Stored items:
'''
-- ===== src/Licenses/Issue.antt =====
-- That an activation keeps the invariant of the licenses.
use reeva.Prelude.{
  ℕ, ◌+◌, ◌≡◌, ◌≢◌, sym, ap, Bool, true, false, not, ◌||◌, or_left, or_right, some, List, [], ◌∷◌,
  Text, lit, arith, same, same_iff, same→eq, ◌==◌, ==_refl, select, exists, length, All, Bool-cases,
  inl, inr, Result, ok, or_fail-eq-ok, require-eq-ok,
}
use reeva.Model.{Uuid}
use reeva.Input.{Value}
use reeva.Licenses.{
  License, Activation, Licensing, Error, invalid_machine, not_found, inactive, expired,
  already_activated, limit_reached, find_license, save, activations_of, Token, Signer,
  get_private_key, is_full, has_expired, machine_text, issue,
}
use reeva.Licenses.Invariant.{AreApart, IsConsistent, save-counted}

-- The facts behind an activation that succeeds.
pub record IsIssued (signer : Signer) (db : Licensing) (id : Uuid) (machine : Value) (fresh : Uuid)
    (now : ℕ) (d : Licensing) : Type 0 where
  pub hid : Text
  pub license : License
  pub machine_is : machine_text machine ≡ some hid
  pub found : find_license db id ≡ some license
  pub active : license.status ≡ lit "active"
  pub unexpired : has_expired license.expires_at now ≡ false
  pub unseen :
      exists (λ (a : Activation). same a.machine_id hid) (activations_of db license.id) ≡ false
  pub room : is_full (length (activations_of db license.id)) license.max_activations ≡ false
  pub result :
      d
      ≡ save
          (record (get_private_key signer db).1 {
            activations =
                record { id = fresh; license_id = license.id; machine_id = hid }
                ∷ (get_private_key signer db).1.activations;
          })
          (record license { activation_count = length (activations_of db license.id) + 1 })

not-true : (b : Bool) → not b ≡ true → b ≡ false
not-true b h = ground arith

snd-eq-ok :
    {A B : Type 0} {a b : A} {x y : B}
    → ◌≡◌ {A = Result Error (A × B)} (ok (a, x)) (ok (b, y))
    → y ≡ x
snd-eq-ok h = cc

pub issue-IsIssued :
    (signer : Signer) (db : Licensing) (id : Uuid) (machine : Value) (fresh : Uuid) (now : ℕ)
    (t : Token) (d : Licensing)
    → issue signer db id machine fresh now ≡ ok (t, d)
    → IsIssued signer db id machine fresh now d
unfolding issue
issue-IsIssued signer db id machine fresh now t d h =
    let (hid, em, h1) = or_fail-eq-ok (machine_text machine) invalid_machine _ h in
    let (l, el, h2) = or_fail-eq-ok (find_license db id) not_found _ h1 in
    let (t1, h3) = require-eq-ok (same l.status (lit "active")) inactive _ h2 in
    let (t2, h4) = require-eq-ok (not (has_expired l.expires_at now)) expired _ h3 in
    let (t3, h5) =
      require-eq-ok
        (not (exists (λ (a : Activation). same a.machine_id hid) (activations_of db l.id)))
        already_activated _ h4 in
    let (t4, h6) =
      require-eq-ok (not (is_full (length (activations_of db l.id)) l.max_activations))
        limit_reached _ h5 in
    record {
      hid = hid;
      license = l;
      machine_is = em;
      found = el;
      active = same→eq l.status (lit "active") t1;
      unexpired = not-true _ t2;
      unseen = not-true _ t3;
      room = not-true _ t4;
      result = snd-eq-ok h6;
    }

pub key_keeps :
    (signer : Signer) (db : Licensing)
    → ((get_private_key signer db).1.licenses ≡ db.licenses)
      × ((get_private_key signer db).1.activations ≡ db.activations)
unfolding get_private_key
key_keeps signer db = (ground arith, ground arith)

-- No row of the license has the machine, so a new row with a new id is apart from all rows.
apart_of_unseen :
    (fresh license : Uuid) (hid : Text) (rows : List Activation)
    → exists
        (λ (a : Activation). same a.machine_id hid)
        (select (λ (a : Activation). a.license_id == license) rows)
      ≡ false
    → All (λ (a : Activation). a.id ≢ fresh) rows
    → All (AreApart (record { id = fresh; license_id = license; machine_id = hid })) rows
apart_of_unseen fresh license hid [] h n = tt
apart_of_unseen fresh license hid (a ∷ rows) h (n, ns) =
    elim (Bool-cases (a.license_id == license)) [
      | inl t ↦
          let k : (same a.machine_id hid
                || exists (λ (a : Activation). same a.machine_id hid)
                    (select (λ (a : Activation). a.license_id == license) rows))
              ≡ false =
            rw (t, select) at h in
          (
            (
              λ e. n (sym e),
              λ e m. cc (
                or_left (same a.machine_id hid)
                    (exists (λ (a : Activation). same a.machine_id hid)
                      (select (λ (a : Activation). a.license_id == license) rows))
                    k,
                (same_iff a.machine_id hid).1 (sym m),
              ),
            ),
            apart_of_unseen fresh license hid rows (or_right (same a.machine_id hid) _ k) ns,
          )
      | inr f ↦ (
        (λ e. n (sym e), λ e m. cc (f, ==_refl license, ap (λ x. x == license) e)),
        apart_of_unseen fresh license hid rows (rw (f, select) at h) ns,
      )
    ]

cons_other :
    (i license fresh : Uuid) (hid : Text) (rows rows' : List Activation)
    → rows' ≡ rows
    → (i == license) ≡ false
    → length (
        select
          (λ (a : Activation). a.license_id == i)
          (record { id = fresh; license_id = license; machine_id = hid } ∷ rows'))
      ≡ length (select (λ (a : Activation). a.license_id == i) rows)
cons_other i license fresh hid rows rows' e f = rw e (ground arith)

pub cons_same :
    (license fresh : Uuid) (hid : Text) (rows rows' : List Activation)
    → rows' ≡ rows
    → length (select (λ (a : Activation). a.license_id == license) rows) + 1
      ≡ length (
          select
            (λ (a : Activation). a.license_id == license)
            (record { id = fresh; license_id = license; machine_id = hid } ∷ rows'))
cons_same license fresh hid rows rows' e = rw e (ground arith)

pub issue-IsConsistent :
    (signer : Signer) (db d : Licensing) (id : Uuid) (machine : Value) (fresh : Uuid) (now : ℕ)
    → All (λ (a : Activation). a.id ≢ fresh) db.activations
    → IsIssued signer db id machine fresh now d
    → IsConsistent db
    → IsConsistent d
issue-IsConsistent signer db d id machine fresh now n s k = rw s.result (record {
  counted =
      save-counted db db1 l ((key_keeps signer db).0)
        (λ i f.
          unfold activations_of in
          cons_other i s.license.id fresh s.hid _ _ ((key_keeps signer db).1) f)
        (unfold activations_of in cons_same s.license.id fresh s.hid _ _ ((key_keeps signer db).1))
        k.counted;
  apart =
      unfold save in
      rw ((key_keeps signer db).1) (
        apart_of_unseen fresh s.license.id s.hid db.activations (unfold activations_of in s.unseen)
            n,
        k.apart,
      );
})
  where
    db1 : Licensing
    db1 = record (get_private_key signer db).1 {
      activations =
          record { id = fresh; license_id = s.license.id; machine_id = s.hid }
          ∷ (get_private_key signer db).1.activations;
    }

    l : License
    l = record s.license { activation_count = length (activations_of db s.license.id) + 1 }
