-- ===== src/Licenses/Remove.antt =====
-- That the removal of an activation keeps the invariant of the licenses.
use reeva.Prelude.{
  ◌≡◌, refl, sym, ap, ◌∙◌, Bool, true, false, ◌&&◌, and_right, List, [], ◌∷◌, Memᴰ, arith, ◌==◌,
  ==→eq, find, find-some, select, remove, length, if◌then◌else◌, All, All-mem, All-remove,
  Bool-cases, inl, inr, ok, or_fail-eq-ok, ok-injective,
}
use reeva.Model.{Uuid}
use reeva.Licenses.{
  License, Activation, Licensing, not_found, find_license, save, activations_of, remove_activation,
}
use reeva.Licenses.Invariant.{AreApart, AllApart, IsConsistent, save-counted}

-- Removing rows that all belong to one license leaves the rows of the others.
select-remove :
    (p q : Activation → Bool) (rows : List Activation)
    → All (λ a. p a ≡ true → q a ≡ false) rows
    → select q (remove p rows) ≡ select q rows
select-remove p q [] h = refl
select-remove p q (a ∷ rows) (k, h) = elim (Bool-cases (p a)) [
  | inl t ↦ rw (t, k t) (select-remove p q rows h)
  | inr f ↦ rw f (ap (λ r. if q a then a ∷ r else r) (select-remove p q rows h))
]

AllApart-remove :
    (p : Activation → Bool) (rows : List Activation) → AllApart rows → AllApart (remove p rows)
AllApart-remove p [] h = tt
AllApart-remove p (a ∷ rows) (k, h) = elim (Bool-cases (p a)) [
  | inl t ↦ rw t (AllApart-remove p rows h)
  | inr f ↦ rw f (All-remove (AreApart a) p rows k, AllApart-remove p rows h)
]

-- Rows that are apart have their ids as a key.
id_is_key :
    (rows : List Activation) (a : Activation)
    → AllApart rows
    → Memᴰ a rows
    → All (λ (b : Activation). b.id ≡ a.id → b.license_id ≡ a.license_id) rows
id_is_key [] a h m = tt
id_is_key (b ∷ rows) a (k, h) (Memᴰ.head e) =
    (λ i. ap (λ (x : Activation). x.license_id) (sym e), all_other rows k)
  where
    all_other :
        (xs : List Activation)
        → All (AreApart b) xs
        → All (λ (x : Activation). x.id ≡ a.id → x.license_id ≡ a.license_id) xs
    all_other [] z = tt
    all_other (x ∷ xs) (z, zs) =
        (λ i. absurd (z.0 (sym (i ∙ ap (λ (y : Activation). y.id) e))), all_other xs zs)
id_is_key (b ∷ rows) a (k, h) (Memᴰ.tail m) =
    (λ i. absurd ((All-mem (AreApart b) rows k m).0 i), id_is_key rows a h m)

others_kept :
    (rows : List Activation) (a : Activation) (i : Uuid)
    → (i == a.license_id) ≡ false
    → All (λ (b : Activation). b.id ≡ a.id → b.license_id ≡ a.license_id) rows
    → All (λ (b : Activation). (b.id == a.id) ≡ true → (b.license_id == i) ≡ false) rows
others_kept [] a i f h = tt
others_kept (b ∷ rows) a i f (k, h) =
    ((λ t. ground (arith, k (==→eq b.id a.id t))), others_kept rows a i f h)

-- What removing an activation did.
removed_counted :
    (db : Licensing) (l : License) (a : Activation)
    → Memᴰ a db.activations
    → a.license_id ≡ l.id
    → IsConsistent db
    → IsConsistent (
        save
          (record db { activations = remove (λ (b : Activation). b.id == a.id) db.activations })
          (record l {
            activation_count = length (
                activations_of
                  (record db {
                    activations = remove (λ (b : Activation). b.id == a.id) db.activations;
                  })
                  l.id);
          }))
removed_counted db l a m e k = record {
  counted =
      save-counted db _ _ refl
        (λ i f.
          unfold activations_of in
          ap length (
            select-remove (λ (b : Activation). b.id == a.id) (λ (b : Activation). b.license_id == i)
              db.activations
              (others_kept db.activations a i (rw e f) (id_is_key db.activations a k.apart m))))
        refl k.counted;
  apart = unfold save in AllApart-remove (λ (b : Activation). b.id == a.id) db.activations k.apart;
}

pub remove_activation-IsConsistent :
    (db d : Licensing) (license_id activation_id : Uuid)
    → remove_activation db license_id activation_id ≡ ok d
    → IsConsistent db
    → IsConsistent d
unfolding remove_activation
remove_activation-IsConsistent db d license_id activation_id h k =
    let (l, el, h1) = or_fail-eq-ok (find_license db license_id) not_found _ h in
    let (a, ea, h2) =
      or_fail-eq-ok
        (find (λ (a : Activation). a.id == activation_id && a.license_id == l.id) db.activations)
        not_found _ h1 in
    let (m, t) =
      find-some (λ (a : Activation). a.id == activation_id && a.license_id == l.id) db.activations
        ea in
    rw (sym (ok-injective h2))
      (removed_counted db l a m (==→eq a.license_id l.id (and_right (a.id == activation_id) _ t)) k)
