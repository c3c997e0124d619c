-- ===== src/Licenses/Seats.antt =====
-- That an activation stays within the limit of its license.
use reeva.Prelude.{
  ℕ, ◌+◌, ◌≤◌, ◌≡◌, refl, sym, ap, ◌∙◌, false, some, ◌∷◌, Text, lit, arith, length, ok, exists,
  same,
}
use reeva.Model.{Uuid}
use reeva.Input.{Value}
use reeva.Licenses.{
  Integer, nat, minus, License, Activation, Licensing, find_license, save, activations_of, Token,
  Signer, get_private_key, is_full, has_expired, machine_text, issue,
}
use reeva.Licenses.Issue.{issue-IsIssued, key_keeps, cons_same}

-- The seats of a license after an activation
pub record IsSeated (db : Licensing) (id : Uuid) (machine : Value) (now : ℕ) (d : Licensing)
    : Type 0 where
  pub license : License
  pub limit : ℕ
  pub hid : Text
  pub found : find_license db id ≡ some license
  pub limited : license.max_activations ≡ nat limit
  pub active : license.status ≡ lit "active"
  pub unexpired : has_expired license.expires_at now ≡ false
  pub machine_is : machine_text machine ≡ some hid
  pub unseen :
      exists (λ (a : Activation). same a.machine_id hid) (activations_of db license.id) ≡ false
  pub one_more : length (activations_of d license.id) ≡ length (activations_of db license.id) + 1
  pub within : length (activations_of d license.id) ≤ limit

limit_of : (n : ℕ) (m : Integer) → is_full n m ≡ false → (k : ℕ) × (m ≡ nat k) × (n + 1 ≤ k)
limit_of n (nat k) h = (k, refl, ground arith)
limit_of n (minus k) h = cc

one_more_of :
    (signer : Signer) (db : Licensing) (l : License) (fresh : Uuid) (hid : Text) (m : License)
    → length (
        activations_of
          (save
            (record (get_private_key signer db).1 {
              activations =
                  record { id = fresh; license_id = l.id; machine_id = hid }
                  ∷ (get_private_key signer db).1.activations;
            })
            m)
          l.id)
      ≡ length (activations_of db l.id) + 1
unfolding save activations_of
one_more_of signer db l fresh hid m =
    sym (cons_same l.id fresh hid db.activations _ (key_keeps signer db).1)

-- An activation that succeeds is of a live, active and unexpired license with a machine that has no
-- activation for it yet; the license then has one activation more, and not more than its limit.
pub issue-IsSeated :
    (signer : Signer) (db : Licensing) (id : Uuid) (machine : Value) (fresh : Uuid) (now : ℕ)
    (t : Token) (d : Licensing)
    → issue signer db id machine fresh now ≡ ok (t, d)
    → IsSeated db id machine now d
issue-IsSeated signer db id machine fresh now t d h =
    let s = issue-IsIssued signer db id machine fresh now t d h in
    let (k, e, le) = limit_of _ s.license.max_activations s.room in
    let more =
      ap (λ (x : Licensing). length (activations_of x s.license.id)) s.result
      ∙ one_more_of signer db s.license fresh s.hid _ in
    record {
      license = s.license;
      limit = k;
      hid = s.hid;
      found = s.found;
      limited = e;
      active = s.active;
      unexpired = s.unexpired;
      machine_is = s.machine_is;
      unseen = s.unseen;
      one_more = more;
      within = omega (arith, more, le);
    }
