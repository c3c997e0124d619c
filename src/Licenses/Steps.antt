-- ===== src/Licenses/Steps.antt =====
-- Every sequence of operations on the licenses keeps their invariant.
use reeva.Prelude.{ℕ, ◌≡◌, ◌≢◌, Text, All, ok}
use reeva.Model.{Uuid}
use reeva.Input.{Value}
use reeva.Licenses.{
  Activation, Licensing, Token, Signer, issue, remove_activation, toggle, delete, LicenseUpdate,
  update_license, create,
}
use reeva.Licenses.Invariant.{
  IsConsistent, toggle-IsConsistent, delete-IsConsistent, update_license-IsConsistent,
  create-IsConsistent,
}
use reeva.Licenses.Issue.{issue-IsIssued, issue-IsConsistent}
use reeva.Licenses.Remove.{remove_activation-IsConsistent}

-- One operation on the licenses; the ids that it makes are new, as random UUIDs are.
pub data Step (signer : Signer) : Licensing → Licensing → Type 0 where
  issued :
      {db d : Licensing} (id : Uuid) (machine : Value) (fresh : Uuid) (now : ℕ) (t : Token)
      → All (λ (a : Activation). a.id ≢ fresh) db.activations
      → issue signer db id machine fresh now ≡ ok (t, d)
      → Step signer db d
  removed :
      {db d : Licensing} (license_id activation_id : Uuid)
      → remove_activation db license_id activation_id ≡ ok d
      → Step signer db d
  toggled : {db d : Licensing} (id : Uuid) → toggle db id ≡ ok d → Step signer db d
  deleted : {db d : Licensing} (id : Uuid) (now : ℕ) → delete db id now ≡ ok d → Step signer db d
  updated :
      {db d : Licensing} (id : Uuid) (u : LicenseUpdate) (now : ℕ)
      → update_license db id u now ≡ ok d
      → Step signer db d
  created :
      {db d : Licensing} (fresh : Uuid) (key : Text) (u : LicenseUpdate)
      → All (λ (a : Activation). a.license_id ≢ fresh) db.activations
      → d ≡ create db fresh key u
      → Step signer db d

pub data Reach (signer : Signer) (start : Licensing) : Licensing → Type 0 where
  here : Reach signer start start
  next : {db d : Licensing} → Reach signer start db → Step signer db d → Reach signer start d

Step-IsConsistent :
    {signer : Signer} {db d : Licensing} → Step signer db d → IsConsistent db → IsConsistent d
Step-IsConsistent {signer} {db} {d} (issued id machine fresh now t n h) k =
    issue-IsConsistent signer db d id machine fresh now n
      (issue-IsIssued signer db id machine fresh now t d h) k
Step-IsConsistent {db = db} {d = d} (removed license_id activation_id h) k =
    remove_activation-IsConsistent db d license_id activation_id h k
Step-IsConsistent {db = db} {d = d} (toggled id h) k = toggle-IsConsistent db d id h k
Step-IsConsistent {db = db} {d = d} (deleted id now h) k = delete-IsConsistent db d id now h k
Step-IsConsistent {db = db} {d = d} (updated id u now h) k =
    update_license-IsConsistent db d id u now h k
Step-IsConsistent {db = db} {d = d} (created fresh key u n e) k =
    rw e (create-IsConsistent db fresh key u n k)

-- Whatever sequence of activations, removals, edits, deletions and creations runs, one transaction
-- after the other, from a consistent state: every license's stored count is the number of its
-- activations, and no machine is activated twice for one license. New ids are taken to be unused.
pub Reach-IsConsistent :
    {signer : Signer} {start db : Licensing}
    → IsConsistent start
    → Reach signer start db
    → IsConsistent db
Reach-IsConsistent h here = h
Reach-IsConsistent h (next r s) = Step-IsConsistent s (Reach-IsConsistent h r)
'''
### EXERCISE
All lines in the data that contain the word "unexpired" should be copied.

### PROBLEM SOLUTION
  pub unexpired : has_expired license.expires_at now ≡ false
      unexpired = not-true _ t2;
  pub unexpired : has_expired license.expires_at now ≡ false
-- An activation that succeeds is of a live, active and unexpired license with a machine that has no
      unexpired = s.unexpired;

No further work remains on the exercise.